In the case of shopping centers and supermarkets, the main aim is to slow down soil sealing by promoting existing plots of land in the center of the community as locations. The small grocers are exempt from the restrictions, explained Dorner. The Greens agreed. Club chairwoman Regina Petrik was happy about “a correct step against the proliferation of shopping centers on the outskirts”. She also sees it positively that in future shops will not only have to be accessible by car, but also on foot and by bicycle.
The ÖVP and FPÖ, on the other hand, had a different opinion. You see the local supply endangered by the change in the law. The regulations are largely “unrealistic”, said FPÖ member of parliament Ilse Benkö. ÖVP club chairman Markus Ulram was bothered by the requirements for the locations where shopping centers are to be built in the future. “These areas do not exist,” he emphasized. Landesrat Dorner rejected this. Security of supply is guaranteed, especially since Burgenland currently has the highest density of shopping centers in Austria.
Dorner also defended the building land mobilization tax and referred to the information tour that started on Monday. According to him, around 24,000 properties would be subject to this tax, 18,000 of which have a property owner. He assumes that there will eventually be 2,500 to 3,000 taxpayers, taking the exceptions into account. “Yes, that’s a small part,” he admitted. “But if this leads to a mobilization and one or two plots of land become free in every community, I think we have done a good deed because the young families benefit.”
ÖVP and FPÖ saw their criticism confirmed. The levy will “mobilize nothing,” said Ulram. FPÖ state party chairman Alexander Petschnig spoke of an “immense effort” for ultimately a few cases: “The whole fuss is made to mobilize a plot of land per community, if that happens at all.”

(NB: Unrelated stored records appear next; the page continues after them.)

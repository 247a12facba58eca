-- ===== src/Ipc/Pack.antt =====
-- The sending side of src/pcrf_ipc.cpp: pcrf_session_cache_fill_pspack and pcrf_ipc_cmd2remote.
use pcrf.Common.{ℕ, Option, none, some, List, [], ◌∷◌, ◌++◌, if◌then◌else◌, ◌==◌}
use pcrf.Common.Text.{Text}
use pcrf.Common.Lists.{concat, take, drop, length}
use pcrf.Types.{OtlText, SessionCache, einval}
use pcrf.Ipc.Payload.{Item, fill_payload, u32}
use pcrf.Ipc.Codes.{Codes, PsPacket}

-- `if ( 0 == pco_field->is_null() )` around the value of a field.
unfoldable pub field_item : ℕ → ℕ → OtlText → List Item
field_item vend avp f =
    if f.is_null then [] else record { vend_id = vend; avp_id = avp; content = f.v } ∷ []

unfoldable pub code_item : ℕ → ℕ → ℕ → List Item
code_item vend avp n = record { vend_id = vend; avp_id = avp; content = u32 n } ∷ []

unfoldable pub option_item : ℕ → ℕ → Option Text → List Item
option_item vend avp none = []
option_item vend avp (some t) = record { vend_id = vend; avp_id = avp; content = t } ∷ []

-- The values of PCRF_CMD_INSERT_SESSION after the Session-Id, in the order of the code.
unfoldable pub session_items : Codes → SessionCache → Option Text → List Item
unfolding field_item code_item option_item
session_items k c par = concat (
    field_item 65535 k.ps_subscr c.subscriber_id
    ∷ field_item 0 8 c.framed_ip_addr
    ∷ field_item 0 30 c.called_station_id
    ∷ code_item 10415 1027 c.ip_can_type_code
    ∷ field_item 65535 k.attr_ipcantype c.ip_can_type
    ∷ field_item 10415 18 c.sgsn_mccmnc
    ∷ field_item 10415 6 c.sgsn_ip_addr
    ∷ code_item 10415 1032 c.rat_type_code
    ∷ field_item 65535 k.attr_rattype c.rat_type
    ∷ field_item 0 264 c.origin_host
    ∷ field_item 0 296 c.origin_realm
    ∷ field_item 65535 k.attr_cgi c.cgi
    ∷ field_item 65535 k.attr_ecgi c.ecgi
    ∷ field_item 65535 k.attr_tai c.tai
    ∷ field_item 65535 k.attr_imei c.imeisv
    ∷ field_item 65535 k.attr_imsi c.end_user_imsi
    ∷ field_item 65535 k.attr_e164 c.end_user_e164
    ∷ option_item 65535 k.attr_pses par
    ∷ [])

-- The value of the two rule commands; they return -1 if the name is a null pointer.
unfoldable pub rule_items : Codes → Option Text → Option (List Item)
unfolding option_item
rule_items k none = none
rule_items k (some name) = some (option_item 65535 k.attr_rulnm (some name))

-- The values that follow the Session-Id, by command; `none` where the function returns -1 for a
-- null pointer or an unknown command.
unfoldable pub command_items : Codes → ℕ → Option SessionCache → Option Text → Option (List Item)
unfolding session_items rule_items
command_items k type cache param =
    if type == k.cmd_insert_session
    then (elim cache [ none ↦ none | some c ↦ some (session_items k c param) ])
    else if type == k.cmd_remove_session
    then some []
    else if type == k.cmd_insert_sessrul
    then rule_items k param
    else if type == k.cmd_remove_sessrul
    then rule_items k param
    else none

-- The outcome of pcrf_session_cache_fill_pspack: the packet, whose length is returned; -1; or,
-- through CHECK_FCT, a positive error code, with the buffer as it is then.
pub data Filled : Type 0 where
  packed : Text → Filled
  minus_one : Filled
  error_code : ℕ → Text → Filled

-- sizeof( mc_buf ) and sizeof( mc_attr ).
abbrev pub buf_size : ℕ
buf_size = 4096

abbrev pub attr_size : ℕ
attr_size = 256

-- The loop over the nodes: sendto() for each whose address inet_aton accepts (`some`).
unfoldable pub send_all : List (Option ℕ) → Text → List (ℕ × Text)
send_all [] msg = []
send_all (none ∷ ns) msg = send_all ns msg
send_all (some a ∷ ns) msg = (a, msg) ∷ send_all ns msg

module _ (p : PsPacket) (k : Codes) where
  -- CHECK_FCT( fill_payload ) and AddAttr for each value in turn.
  unfoldable pub add_items : List Item → Text → Filled
  add_items [] buf = packed buf
  add_items (it ∷ its) buf = elim (fill_payload attr_size it) [
    | none ↦ error_code einval buf
    | some payload ↦ elim (p.add_attr buf buf_size k.attr_avp payload) [
      | none ↦ minus_one
      | some next ↦ add_items its next
    ]
  ]

  unfoldable pub then_add : List Item → Filled → Filled
  unfolding add_items
  then_add its (packed buf) = add_items its buf
  then_add its minus_one = minus_one
  then_add its (error_code e buf) = error_code e buf

  unfoldable pub then_fail : Filled → Filled
  then_fail (packed buf) = minus_one
  then_fail minus_one = minus_one
  then_fail (error_code e buf) = error_code e buf

  -- pcrf_session_cache_fill_pspack; uiReqNum is never counted up.
  unfoldable pub fill_pspack : Text → Option SessionCache → ℕ → Option Text → Filled
  unfolding then_add then_fail command_items
  fill_pspack sid cache type param =
      let (code, buf) = p.init buf_size 0 type in
      if code == 0
      then (let started =
            add_items (record { vend_id = 0; avp_id = 263; content = sid } ∷ []) buf in
          elim (command_items k type cache param) [
            | some its ↦ then_add its started
            | none ↦ then_fail started
          ])
      else error_code code buf

  -- The bytes that pcrf_ipc_cmd2remote sends, if it gets as far: iPayloadLen of them, from mc_buf,
  -- which is the packet and behind it what was there before.
  unfoldable pub message_of : Filled → Option Text
  message_of (packed buf) = some buf
  message_of minus_one = none
  message_of (error_code e buf) = some (take e (buf ++ drop (length buf) p.stack))

  -- pcrf_ipc_cmd2remote: the datagrams, one for each node whose address inet_aton accepts (`some`).
  unfoldable pub cmd2remote :
      List (Option ℕ) → Text → Option SessionCache → ℕ → Option Text → List (ℕ × Text)
  unfolding fill_pspack message_of send_all
  cmd2remote nodes sid cache type param = elim (message_of (fill_pspack sid cache type param)) [
    | none ↦ []
    | some msg ↦ send_all nodes msg
  ]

Before the start of the session, Verena Dunst, President of the State Parliament, and Astrid Eisenkopf, Deputy Governor, drew attention to International Women’s Day with a distribution campaign. As a little surprise, there were matching breakfast croissants; according to the house rules, however, these were not allowed to be eaten in the hall during the session.
The youth promotion law, which had previously met with severe criticism from the opposition and youth organizations, was also passed at the meeting. They see the self-determination of the state youth forum at risk, which should no longer choose its own chairmanship in the future. Initially, the youth department of the state was to take over the chairmanship, but in the meantime the independent children’s and young people’s advocate has been used. State Councilor Daniela Winkler defended the innovations, which would, among other things, bring clearer funding regulations and enable faster admission of members.
Also on the agenda are the Social Services Act, which paves the way for the new care model with 71 care bases, as well as the first supplementary estimate for this year. It contains an additional 53.6 million euros for measures against inflation, such as the heat price cap, the freeze on rents and the waiver of annuity jumps in housing subsidies.